When I apprenticed to a french pastry chef (who trained at Dalloyau, "we sneer at all others")- the little, uniform 1/8" chocolate curls we used on the sides of cakes came from a Patisfrance box :suprise:


----------



## mudbug (Dec 30, 1999)

Joni,

I believe what they did was to spread a thin layer of chocolate onto a flat surface, probably marble. 

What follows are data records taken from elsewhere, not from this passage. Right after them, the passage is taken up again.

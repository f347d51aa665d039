-- ===== src/Help/Question.antt =====
-- The question that comes in: apps/api/src/help/engine.ts, `parseQuestion` and `readQuestionBody`.
-- A chunk of the body is the list of its bytes; `decode` is `TextDecoder` and `JSON.parse`, `none`
-- where they throw.
pub mod Bounds
use Prim.Native.Char.{Char, code}
use Prim.Native.String.{String}
use hanamaru_shientool_prod.Prelude.{
  ℕ, ◌+◌, Bool, true, false, not, ◌&&◌, ◌||◌, Option, none, some, List, [], ◌∷◌, ◌++◌,
  if◌then◌else◌, ltb, ◌==◌, Result, ok, err, length,
}
use hanamaru_shientool_prod.Prelude.Text.{
  is_empty, trim, utf16_length, is_lower, is_digit, matches_class,
}
use hanamaru_shientool_prod.Json.{Json, undefined, null, str, arr, obj, Items, items, field}
use hanamaru_shientool_prod.Help.Answer.{Turn, HelpQuestion}

-- `HelpError` with its status; the first is any of the five texts of status 400.
pub data HelpError : Type 0 where
  bad_request too_large : HelpError

infixl 5 ◌>>=◌
abbrev pub ◌>>=◌ :
    {A B : Type 0} → Result HelpError A → (A → Result HelpError B) → Result HelpError B
ok a >>= f = f a
err e >>= f = err e

-- `/^[a-z0-9-]{1,80}$/`.
unfoldable pub is_slug : String → Bool
is_slug s = matches_class (λ c. is_lower c || is_digit c || code c == b'-') 1 80 s

unfoldable pub slugs : List Json → Result HelpError (List String)
unfolding is_slug
slugs [] = ok []
slugs (str s ∷ vs) = if is_slug s then (slugs vs >>= λ rest. ok (s ∷ rest)) else err bad_request
slugs (v ∷ vs) = err bad_request

abbrev is_object : Json → Bool
is_object (obj ms) = true
is_object (arr vs) = true
is_object _ = false

abbrev turn_of : Json → Json → Result HelpError Turn
turn_of (str q) (arr vs) =
    if ltb 1000 (utf16_length q) || ltb 3 (length (items vs))
    then err bad_request
    else slugs (items vs) >>= λ ss. ok (record { question = q; source_slugs = ss })
turn_of _ _ = err bad_request

unfoldable pub parse_turn : Json → Result HelpError Turn
unfolding slugs
parse_turn v =
    if is_object v then turn_of (field "question" v) (field "sourceSlugs" v) else err bad_request

unfoldable pub turns : List Json → Result HelpError (List Turn)
unfolding parse_turn
turns [] = ok []
turns (v ∷ vs) = do t ← parse_turn v; ts ← turns vs; ok (t ∷ ts)

-- `v.history ?? []`.
unfoldable pub history_of : Json → Result HelpError (List Turn)
unfolding turns
history_of undefined = ok []
history_of null = ok []
history_of (arr vs) = if ltb 6 (length (items vs)) then err bad_request else turns (items vs)
history_of _ = err bad_request

abbrev asked : Json → Json → Result HelpError HelpQuestion
asked (str q) history =
    if is_empty (trim q) || ltb 1000 (utf16_length q)
    then err bad_request
    else history_of history >>= λ ts. ok (record { question = trim q; history = ts })
asked _ history = err bad_request

-- `parseQuestion`.
unfoldable pub parse_question : Json → Result HelpError HelpQuestion
unfolding history_of
parse_question v =
    if is_object v then asked (field "question" v) (field "history" v) else err bad_request

-- The loop that reads the body: the chunks so far, and their size.
unfoldable pub collect : List ℕ → ℕ → List (List ℕ) → Result HelpError (List ℕ)
collect bytes size [] = ok bytes
collect bytes size (chunk ∷ chunks) =
    let size' = size + length chunk in
    let rest = collect (bytes ++ chunk) size' chunks in
    if ltb 32768 size' then err too_large else rest

abbrev decoded : Option Json → Result HelpError Json
decoded none = err bad_request
decoded (some v) = ok v

-- `readQuestionBody`; a request with no body has no chunks to read.
unfoldable pub read_question_body :
    (List ℕ → Option Json) → Option (List (List ℕ)) → Result HelpError Json
unfolding collect
read_question_body decode none = err bad_request
read_question_body decode (some chunks) = collect [] 0 chunks >>= λ bytes. decoded (decode bytes)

You can find plastic and rubber combing tools at any craft (Michael's, Hobby Lobby) or hardware store (Ace, Home Depot, Lowe's). They often come in triangle or square shapes with different widths cut out of each side to create patterns. I'm assuming they used a similar tool and dragged it from one end of the sheet of chocolate to the next to create the curls. Then for the stripes which are left, they took a thin, flexible metal spatula and scraped them along their length to create the same curls.

Hope that helps.


----------



## joni (Apr 3, 2002)

Thanks cchiu! I actually saw a large picture of the cake with the chocolate curls in Martha Stewart's Weddings magazine that is now on the newstands. It is so neat.


----------



## m brown (May 29, 1999)

For dramatic curls there is a curler from albert uster 49 dollars us, refills of chocolate (soft like a gandujia) are 33 dollars us.
looks nice and anyone in my shop can make a beautiful cake!


----------



## thesweetchef (Nov 21, 2002)

I make these chocolate curls with the sharp edge of a French knife dragged over a 10lb bar of chocolate. I've shaved hundreds of bars. It gets easy. Chef Blair


----------